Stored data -
- Opening Delimiter -

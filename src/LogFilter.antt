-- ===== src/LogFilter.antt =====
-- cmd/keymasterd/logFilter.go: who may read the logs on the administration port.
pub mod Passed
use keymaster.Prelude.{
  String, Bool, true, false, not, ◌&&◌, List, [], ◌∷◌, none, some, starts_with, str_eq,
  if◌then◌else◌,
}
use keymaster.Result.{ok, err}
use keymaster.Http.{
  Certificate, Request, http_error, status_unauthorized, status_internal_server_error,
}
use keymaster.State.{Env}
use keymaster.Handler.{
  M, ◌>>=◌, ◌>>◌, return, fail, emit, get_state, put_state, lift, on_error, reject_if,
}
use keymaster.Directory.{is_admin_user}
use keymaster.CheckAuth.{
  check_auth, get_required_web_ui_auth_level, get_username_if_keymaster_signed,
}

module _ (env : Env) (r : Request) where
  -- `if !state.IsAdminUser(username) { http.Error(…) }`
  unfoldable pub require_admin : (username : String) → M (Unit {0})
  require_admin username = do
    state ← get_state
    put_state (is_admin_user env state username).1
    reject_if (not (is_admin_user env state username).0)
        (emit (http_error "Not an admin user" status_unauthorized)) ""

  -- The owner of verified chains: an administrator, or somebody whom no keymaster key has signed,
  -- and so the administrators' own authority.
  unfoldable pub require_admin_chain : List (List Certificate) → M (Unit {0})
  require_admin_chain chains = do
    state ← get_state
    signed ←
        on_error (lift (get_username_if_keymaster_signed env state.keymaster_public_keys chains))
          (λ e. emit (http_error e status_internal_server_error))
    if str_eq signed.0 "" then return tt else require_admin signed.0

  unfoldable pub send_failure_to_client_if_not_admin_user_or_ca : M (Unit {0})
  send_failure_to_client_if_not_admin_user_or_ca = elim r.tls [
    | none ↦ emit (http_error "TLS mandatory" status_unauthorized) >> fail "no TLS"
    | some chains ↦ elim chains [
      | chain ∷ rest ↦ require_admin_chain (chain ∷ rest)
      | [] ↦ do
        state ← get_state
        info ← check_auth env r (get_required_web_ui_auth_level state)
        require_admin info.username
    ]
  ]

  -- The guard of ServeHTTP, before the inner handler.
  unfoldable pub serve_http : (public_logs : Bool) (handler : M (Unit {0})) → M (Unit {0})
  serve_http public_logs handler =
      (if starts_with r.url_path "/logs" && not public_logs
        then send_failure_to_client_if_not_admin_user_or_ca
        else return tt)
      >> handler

- Closing Delimiter -

Description of the task - Each record is to be reproduced exactly as it appears.

Answer to the problem -
filename src/LogFilter.antt
-- ===== src/LogFilter.antt =====
-- cmd/keymasterd/logFilter.go: who may read the logs on the administration port.
pub mod Passed
use keymaster.Prelude.{
  String, Bool, true, false, not, ◌&&◌, List, [], ◌∷◌, none, some, starts_with, str_eq,
  if◌then◌else◌,
}
use keymaster.Result.{ok, err}
use keymaster.Http.{
  Certificate, Request, http_error, status_unauthorized, status_internal_server_error,
}
use keymaster.State.{Env}
use keymaster.Handler.{
  M, ◌>>=◌, ◌>>◌, return, fail, emit, get_state, put_state, lift, on_error, reject_if,
}
use keymaster.Directory.{is_admin_user}
use keymaster.CheckAuth.{
  check_auth, get_required_web_ui_auth_level, get_username_if_keymaster_signed,
}

module _ (env : Env) (r : Request) where
  -- `if !state.IsAdminUser(username) { http.Error(…) }`
  unfoldable pub require_admin : (username : String) → M (Unit {0})
  require_admin username = do
    state ← get_state
    put_state (is_admin_user env state username).1
    reject_if (not (is_admin_user env state username).0)
        (emit (http_error "Not an admin user" status_unauthorized)) ""

  -- The owner of verified chains: an administrator, or somebody whom no keymaster key has signed,
  -- and so the administrators' own authority.
  unfoldable pub require_admin_chain : List (List Certificate) → M (Unit {0})
  require_admin_chain chains = do
    state ← get_state
    signed ←
        on_error (lift (get_username_if_keymaster_signed env state.keymaster_public_keys chains))
          (λ e. emit (http_error e status_internal_server_error))
    if str_eq signed.0 "" then return tt else require_admin signed.0

  unfoldable pub send_failure_to_client_if_not_admin_user_or_ca : M (Unit {0})
  send_failure_to_client_if_not_admin_user_or_ca = elim r.tls [
    | none ↦ emit (http_error "TLS mandatory" status_unauthorized) >> fail "no TLS"
    | some chains ↦ elim chains [
      | chain ∷ rest ↦ require_admin_chain (chain ∷ rest)
      | [] ↦ do
        state ← get_state
        info ← check_auth env r (get_required_web_ui_auth_level state)
        require_admin info.username
    ]
  ]

  -- The guard of ServeHTTP, before the inner handler.
  unfoldable pub serve_http : (public_logs : Bool) (handler : M (Unit {0})) → M (Unit {0})
  serve_http public_logs handler =
      (if starts_with r.url_path "/logs" && not public_logs
        then send_failure_to_client_if_not_admin_user_or_ca
        else return tt)
      >> handler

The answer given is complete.